What to produce: Which of the lines below include "trimmed"? Each one should be copied out.

Data excerpts:
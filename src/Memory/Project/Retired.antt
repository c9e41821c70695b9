-- ===== src/Memory/Project/Retired.antt =====
-- Which claims a claim event takes out of force (crates/memory/src/project.rs, with the rules of
-- crates/core/src/claim.rs).
use contextd.Prelude.{
  ℕ, ◌≡◌, ◌⊎◌, inl, inr, refl, ap, sym, true, false, Option, none, some, arith, ◌&&◌, Bool-cases,
  Option-cases, find?-holds,
}
use contextd.Prelude.Members.{
  Among, Among-modify_first, modify_first-Among, Among-append, find?-Among,
}
use contextd.Prelude.Result.{ok, then-ok, reject_if-ok}
use contextd.Text.{Text, is_empty}
use contextd.Text.Equality.{text_eq→eq}
use contextd.Core.Claim.{
  Claim, ClaimEvent, ClaimKind, ClaimOp, ClaimOrigin, close_task, supersede, assert, unique_slot,
  agent, next_action, frontier_subject, origin_eq,
}
use contextd.Core.Projection.{
  Projection, claim, open_task, supersede_claim, supersede_slot, push_claim, current_slot, in_slot,
  has_claim_id, retire,
}
use contextd.Core.Validate.{
  validate_against_projection, replaced_id, trimmed, is_next_action, is_by_user,
}
use contextd.Core.Validate.Authority.{MayReplace, accepted-MayReplace}
use contextd.Memory.Project.{
  vacate, retire_named, assert_as, assert_claim, apply_claim, target_of, subject_or, is_some,
}
use contextd.Memory.Project.Applied.{open_task-claims, close_task-claims}

-- The claim shares its id with one that holds, in this view, the slot that the event asserts in.
abbrev pub Holds : Projection → ClaimEvent → ClaimKind → Claim → Type 0
Holds p e kind c =
    (e.kind ≡ some kind)
    × (unique_slot kind ≡ true)
    × (held : Claim) × Among held p.claims
    × (in_slot e.task_id kind (subject_or e.subject kind e.claim_id) held ≡ true)
    × (held.id ≡ c.id)

supersede-Among :
    (p : Projection) (id : Text) (at_ms : ℕ) (c : Claim)
    → Among c p.claims
    → Among c (supersede_claim p id at_ms).0.claims ⊎ (c.id ≡ id)
unfolding supersede_claim
supersede-Among p id at_ms c h =
    elim (Among-modify_first (has_claim_id id) (retire at_ms) c p.claims h) [
      | inl there ↦ inl there
      | inr hit ↦ inr (text_eq→eq c.id id hit)
    ]

-- A claim in force after retiring another was there before.
supersede-current :
    (p : Projection) (id : Text) (at_ms : ℕ) (c : Claim) (task_id subject : Text) (kind : ClaimKind)
    → Among c (supersede_claim p id at_ms).0.claims
    → in_slot task_id kind subject c ≡ true
    → Among c p.claims
unfolding supersede_claim in_slot
supersede-current p id at_ms c task_id subject kind h fits =
    elim (modify_first-Among (has_claim_id id) (retire at_ms) c p.claims h) [
      | inl there ↦ there
      | inr (d, made) ↦ absurd (ground arith)
    ]

vacate-Among :
    (p : Projection) (e : ClaimEvent) (kind : ClaimKind) (at_ms : ℕ) (c : Claim)
    → e.kind ≡ some kind
    → Among c p.claims
    → Among c (vacate p e kind (subject_or e.subject kind e.claim_id) at_ms).0.claims
      ⊎ Holds p e kind c
unfolding vacate supersede_slot current_slot
vacate-Among p e kind at_ms c given h =
    let subject = subject_or e.subject kind e.claim_id in
    elim (Bool-cases (unique_slot kind)) [
      | inr many ↦ inl (rw many h)
      | inl one ↦ elim (Option-cases (current_slot p e.task_id kind subject)) [
        | inl free ↦ inl (rw (one, supersede_slot, free) h)
        | inr (held, found) ↦ elim (supersede-Among p held.id at_ms c h) [
          | inl there ↦ inl (rw (one, supersede_slot, found) there)
          | inr same ↦ inr (
            given,
            one,
            held,
            find?-Among (in_slot e.task_id kind subject) held p.claims found,
            find?-holds (in_slot e.task_id kind subject) p.claims held found,
            sym same,
          )
        ]
      ]
    ]

named-Among :
    (p : Projection) (named : Option Text) (at_ms : ℕ) (c : Claim)
    → Among c p.claims
    → Among c (retire_named p named at_ms).claims ⊎ (named ≡ some c.id)
unfolding retire_named
named-Among p none at_ms c h = inl h
named-Among p (some id) at_ms c h = elim (supersede-Among p id at_ms c h) [
  | inl there ↦ inl there
  | inr same ↦ inr (ap some (sym same))
]

-- What becomes of a claim when another is asserted.
assert-Among :
    (p : Projection) (e : ClaimEvent) (event_id : Text) (at_ms : ℕ) (c : Claim)
    → Among c p.claims
    → Among c (assert_claim p e event_id at_ms).claims
      ⊎ (e.supersedes ≡ some c.id)
      ⊎ ((kind : ClaimKind) × Holds p e kind c)
unfolding assert_claim assert_as push_claim
assert-Among p e event_id at_ms c h = elim (Option-cases e.kind) [
  | inl absent ↦ inl (rw (absent, assert_claim) h)
  | inr (kind, given) ↦ elim (Option-cases (trimmed e.text)) [
    | inl blank ↦ inl (rw (given, blank, assert_claim) h)
    | inr (text, says) ↦ elim (vacate-Among p e kind at_ms c given h) [
      | inr holds ↦ inr (inr (kind, holds))
      | inl there ↦
          let q = (vacate p e kind (subject_or e.subject kind e.claim_id) at_ms).0 in
          elim (named-Among q e.supersedes at_ms c there) [
            | inr named ↦ inr (inl named)
            | inl stays ↦ inl (
                rw (given, says, assert_claim)
                  (Among-append c (retire_named q e.supersedes at_ms).claims _ stays))
          ]
    ]
  ]
]

-- The event names the claim as the one to replace, and its author may replace it.
abbrev pub Replaces : ClaimOrigin → Projection → ClaimEvent → Claim → Type 0
Replaces o p e c =
    (replaced_id e ≡ some c.id)
    × (named : Claim) × (claim p c.id ≡ some named)
    × MayReplace o e named

named-replaced :
    (op : ClaimOp) (e : ClaimEvent) (id : Text)
    → e.op ≡ op
    → is_empty id ≡ false
    → e.supersedes ≡ some id
    → replaced_id e ≡ some id
unfolding replaced_id
named-replaced close_task e id h filled named = rw (replaced_id, h, named, filled)
named-replaced supersede e id h filled named = rw (replaced_id, h, named, filled)
named-replaced assert e id h filled named = rw (replaced_id, h, named, filled)

target-replaced :
    (e : ClaimEvent) (id : Text)
    → e.op ≡ supersede
    → is_empty id ≡ false
    → id ≡ target_of e
    → replaced_id e ≡ some id
unfolding replaced_id target_of
target-replaced e id h filled same = rw (replaced_id, h) (ground arith)

-- What becomes of a claim when an event is applied, whether or not the rules were asked.
applied-Among :
    (op : ClaimOp) (p : Projection) (e : ClaimEvent) (event_id : Text) (at_ms : ℕ) (c : Claim)
    → e.op ≡ op
    → is_empty c.id ≡ false
    → Among c p.claims
    → Among c (apply_claim p e event_id at_ms).claims
      ⊎ (replaced_id e ≡ some c.id)
      ⊎ ((kind : ClaimKind) × Holds p e kind c)
unfolding apply_claim
applied-Among close_task p e event_id at_ms c h filled there =
    inl (rw (h, apply_claim, close_task-claims, open_task-claims) there)
applied-Among assert p e event_id at_ms c h filled there =
    let q = open_task p e.task_id event_id at_ms in
    let same : q.claims ≡ p.claims = open_task-claims p e.task_id event_id at_ms in
    elim (assert-Among q e event_id at_ms c (rw same there)) [
      | inl stays ↦ inl (rw (h, apply_claim) stays)
      | inr (inl named) ↦ inr (inl (named-replaced assert e c.id h filled named))
      | inr (inr (kind, (given, one, held, among, fits, id))) ↦
          inr (inr (kind, (given, one, held, rw same at among, fits, id)))
    ]
applied-Among supersede p e event_id at_ms c h filled there =
    let q = open_task p e.task_id event_id at_ms in
    let same : q.claims ≡ p.claims = open_task-claims p e.task_id event_id at_ms in
    let r = (supersede_claim q (target_of e) at_ms).0 in
    elim (supersede-Among q (target_of e) at_ms c (rw same there)) [
      | inr target ↦ inr (inl (target-replaced e c.id h filled target))
      | inl left ↦ elim (Bool-cases (is_some e.text && is_some e.kind)) [
        | inr bare ↦ inl (rw (h, apply_claim, bare) left)
        | inl full ↦ elim (assert-Among r e event_id at_ms c left) [
          | inl stays ↦ inl (rw (h, apply_claim, full) stays)
          | inr (inl named) ↦ inr (inl (named-replaced supersede e c.id h filled named))
          | inr (inr (kind, (given, one, held, among, fits, id))) ↦ inr (
              inr (
                kind,
                (
                  given,
                  one,
                  held,
                  rw same at (
                      supersede-current q (target_of e) at_ms held e.task_id
                        (subject_or e.subject kind e.claim_id) kind among fits),
                  fits,
                  id,
                ),
              ))
        ]
      ]
    ]

-- The event asserts in the slot of the claim, and is no agent's next action over a user's.
abbrev pub Displaces : ClaimOrigin → Projection → ClaimEvent → Claim → Type 0
Displaces o p e c =
    ((kind : ClaimKind) × Holds p e kind c)
    × ((origin_eq o agent
          && is_next_action e.kind
          && is_by_user (current_slot p e.task_id next_action frontier_subject))
        ≡ false)

spares-user :
    (o : ClaimOrigin) (e : ClaimEvent) (p : Projection)
    → validate_against_projection o e p ≡ ok tt
    → (origin_eq o agent
        && is_next_action e.kind
        && is_by_user (current_slot p e.task_id next_action frontier_subject))
      ≡ false
unfolding validate_against_projection
spares-user o e p h = reject_if-ok _ _ (then-ok _ _ tt h).1

-- When an event that the view accepts is applied, every claim (with an id that is not empty) stays
-- as it is, with two exceptions. One is the claim that the event names as the one to replace; its
-- author may replace the claim of that id: an agent only its own on the same task, a user anything
-- but what the projector observed. The other is the holder of the slot that the event asserts in,
-- whoever wrote it; but an agent's next action is accepted only while no user's holds the frontier.
pub apply_claim-retires :
    (o : ClaimOrigin) (e : ClaimEvent) (p : Projection) (event_id : Text) (at_ms : ℕ) (c : Claim)
    → validate_against_projection o e p ≡ ok tt
    → is_empty c.id ≡ false
    → Among c p.claims
    → Among c (apply_claim p e event_id at_ms).claims ⊎ Replaces o p e c ⊎ Displaces o p e c
apply_claim-retires o e p event_id at_ms c accepted filled there =
    elim (applied-Among e.op p e event_id at_ms c refl filled there) [
      | inl stays ↦ inl stays
      | inr (inl named) ↦
          let (d, found, may) = accepted-MayReplace o e p c.id accepted named in
          inr (inl (named, d, found, may))
      | inr (inr holder) ↦ inr (inr (holder, spares-user o e p accepted))
    ]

Written solution:
  validate_against_projection, replaced_id, trimmed, is_next_action, is_by_user,
  | inr (kind, given) ↦ elim (Option-cases (trimmed e.text)) [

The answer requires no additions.